Richter et al. (2006) investigated finger and wrist flexor activity when using a flexible handrim as compared to a standard handrim. The flexible hand rim consisted of high friction urethane spanning between a standard tubular handrim and the wheel. The urethane takes the shape of the hand when gripping. 24 subjects pushed their own wheelchairs on a level surface and at three- and six-degree grades using both types of handrims. Use of the flexible handrim significantly reduced wrist and finger flexor activity when averaged across all grade conditions. This suggests that over a period of years flexible handrims may be a factor in preserving upper extremity health.

Richter et al. (2005) explored the balance between compliance hand rims and the acceptability of this type of rim to 17 participants who propel manual wheelchairs.

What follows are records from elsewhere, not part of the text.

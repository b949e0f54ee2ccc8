-- ===== src/Messages/Projection.antt =====
-- src/core/message_projection.py: the MessageProjection, with events_to_view of
-- src/api/message_utils.py.
--
-- `_ingest` is `extend`, `commit_closed` and `refresh` in turn. The copies that `advanced` makes are
-- the values themselves.
use claude_code_manager.Base.{
  ℕ, suc, ◌+◌, ◌-◌, Bool, true, false, Option, none, some, List, [], ◌∷◌, ◌++◌, nat_eq, ltb,
  if◌then◌else◌, map, length, take, drop, min,
}
use claude_code_manager.Messages.Notices.{separator}
use claude_code_manager.Messages.Aggregator.{
  Event, Message, Body, note_body, Delta, message, stream, Aggregator, new_aggregator,
  pending_draft_message, flush_to_message_delta,
}
use claude_code_manager.Messages.Feeding.{feed_indexed}
use claude_code_manager.Messages.StableOrder.{
  stable_history_projection, stable_closed_prefix_len, Indexed,
}

abbrev pub messages_of : List Delta → List Message
messages_of [] = []
messages_of (message m ∷ ds) = m ∷ messages_of ds
messages_of (stream m ∷ ds) = messages_of ds

abbrev is_separator_body : Body → Bool
is_separator_body (note_body (separator seconds)) = true
is_separator_body b = false

unfoldable pub is_separator : Message → Bool
is_separator m = is_separator_body m.body

-- The positions of the separators, counted from `n`.
unfoldable pub separators_from : ℕ → List Message → List ℕ
separators_from n [] = []
separators_from n (m ∷ ms) = (if is_separator m then n ∷ [] else []) ++ separators_from (suc n) ms

abbrev pub at_base : ℕ → Indexed → Indexed
at_base base (idx, ev) = (base + idx, ev)

-- `_fold_messages`: the aggregator after it, the messages and the separators among them.
unfoldable pub fold_messages : Aggregator → List Event → ℕ → Aggregator × List Message × List ℕ
fold_messages agg events base =
    let (agg', deltas) = feed_indexed (map (at_base base) (stable_history_projection events)) agg in
    (agg', messages_of deltas, separators_from 0 (messages_of deltas))

unfoldable pub events_to_view : List Event → ℕ → List Message × Option Message
events_to_view events offset =
    let (agg, deltas) =
      feed_indexed (stable_history_projection events) (new_aggregator offset false) in
    (messages_of deltas, pending_draft_message agg)

unfoldable pub events_to_messages : List Event → ℕ → List Message
events_to_messages events offset =
    let (agg, deltas) =
      feed_indexed (stable_history_projection events) (new_aggregator offset false) in
    messages_of deltas ++ messages_of (flush_to_message_delta agg).1

pub record Projection : Type 0 where
  pub offset : ℕ
  pub agg : Aggregator
  pub committed_final : List Message
  pub seps_final : List ℕ
  pub region_events : List Event
  pub event_count : ℕ
  pub committed : List Message
  pub separator_ordinals : List ℕ
  pub pending_draft : Option Message

abbrev pub no_events : ℕ → Projection
no_events offset = record {
  offset = offset;
  agg = new_aggregator offset false;
  committed_final = [];
  seps_final = [];
  region_events = [];
  event_count = offset;
  committed = [];
  separator_ordinals = [];
  pending_draft = none;
}

unfoldable pub extend : List Event → Projection → Projection
extend events p = record p {
  region_events = p.region_events ++ events;
  event_count = p.event_count + length events;
}

abbrev commit_prefix : ℕ → Projection → Projection
commit_prefix closed p =
    let region = drop closed p.region_events in
    let fed_base = p.event_count - length region - closed - p.offset in
    let (agg', msgs, seps) = fold_messages p.agg (take closed p.region_events) fed_base in
    record p {
      agg = agg';
      region_events = region;
      seps_final = p.seps_final ++ map (λ n. length p.committed_final + n) seps;
      committed_final = p.committed_final ++ msgs;
    }

unfoldable pub commit_closed : Projection → Projection
commit_closed p =
    let closed = stable_closed_prefix_len p.region_events in
    if nat_eq closed 0 then p else commit_prefix closed p

unfoldable pub refresh : Projection → Projection
refresh p =
    let region_base = p.event_count - length p.region_events - p.offset in
    let (view_agg, region_committed, region_seps) =
      fold_messages p.agg p.region_events region_base in
    record p {
      committed = p.committed_final ++ region_committed;
      separator_ordinals = p.seps_final ++ map (λ n. length p.committed_final + n) region_seps;
      pending_draft = pending_draft_message view_agg;
    }

unfoldable pub ingest : List Event → Projection → Projection
ingest events p = refresh (commit_closed (extend events p))

abbrev pub new_projection : List Event → ℕ → Projection
new_projection events offset = ingest events (no_events offset)

abbrev pub advanced : List Event → Projection → Projection
advanced events p = ingest events p

abbrev or_nothing : Option Message → List Message
or_nothing none = []
or_nothing (some m) = m ∷ []

unfoldable pub history : Projection → List Message
history p = p.committed ++ or_nothing p.pending_draft

-- `bisect.bisect_left`: how many of the ordinals, which rise, lie below.
abbrev pub last_below : ℕ → Option ℕ → List ℕ → Option ℕ
last_below desired found [] = found
last_below desired found (n ∷ ns) = if ltb n desired then last_below desired (some n) ns else found

abbrev after_separator : Option ℕ → ℕ
after_separator none = 0
after_separator (some n) = suc n

unfoldable pub snap_to_turn_start : List ℕ → ℕ → ℕ
snap_to_turn_start seps desired = after_separator (last_below desired none seps)

pub record Page : Type 0 where
  pub messages : List Message
  pub start : ℕ
  pub has_more : Bool

unfoldable pub tail : ℕ → Projection → Page
tail limit p =
    let start = snap_to_turn_start p.separator_ordinals (length p.committed - limit) in
    record { messages = drop start p.committed; start = start; has_more = ltb 0 start }

unfoldable pub slice_before : ℕ → ℕ → Projection → Page
slice_before at limit p =
    let before = min at (length p.committed) in
    let start = snap_to_turn_start p.separator_ordinals (before - limit) in
    record {
      messages = drop start (take before p.committed);
      start = start;
      has_more = ltb 0 start;
    }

They note previous research indicating that compliant rims reduce the impact loading during the push phase but are found to be an unfavourable option by people who propel manual wheelchairs. This study found that participants were accepting of a moderately compliant hand rim. It also found that compliant hand rims did not differ greatly from rigid hand rims in relation to push frequency, push angle, push timing, and peak forces. Where differences were noted was in the forces that contribute to impact loading, and subsequently increase the risk of repetitive strain injuries. Impact forces, with an equal or decreased peak rate of rise at impact loading of hand on the rim and a decrease in the average rate of rise of the contact force. The authors suggest that moderately complaint rims are acceptable to most people who propel manual wheelchairs and have been shown to reduce the impact forces associated with propulsion in comparison to standard rigid hand rims.

Conclusions

There is level 4 evidence (from one pre-post study and one post-test study: Richter et al. 2005; Richter et al. 2006) that a flexible or compliant hand rim can reduce impact forces and reduce wrist and finger flexor activity during wheelchair propulsion.

There is level 4 evidence (from one pre-post study and one post-test study: Richter et al. 2005; Richter et al. 2006) that flexible or compliant hand rims are found to be acceptable to people who propel manual wheelchairs, with perceived benefits of comfort, reduced upper extremity pain and improved propulsion.

Use of flexible handrims may reduce upper extremity strain thereby reducing discomfort and pain symptoms during wheelchair propulsion.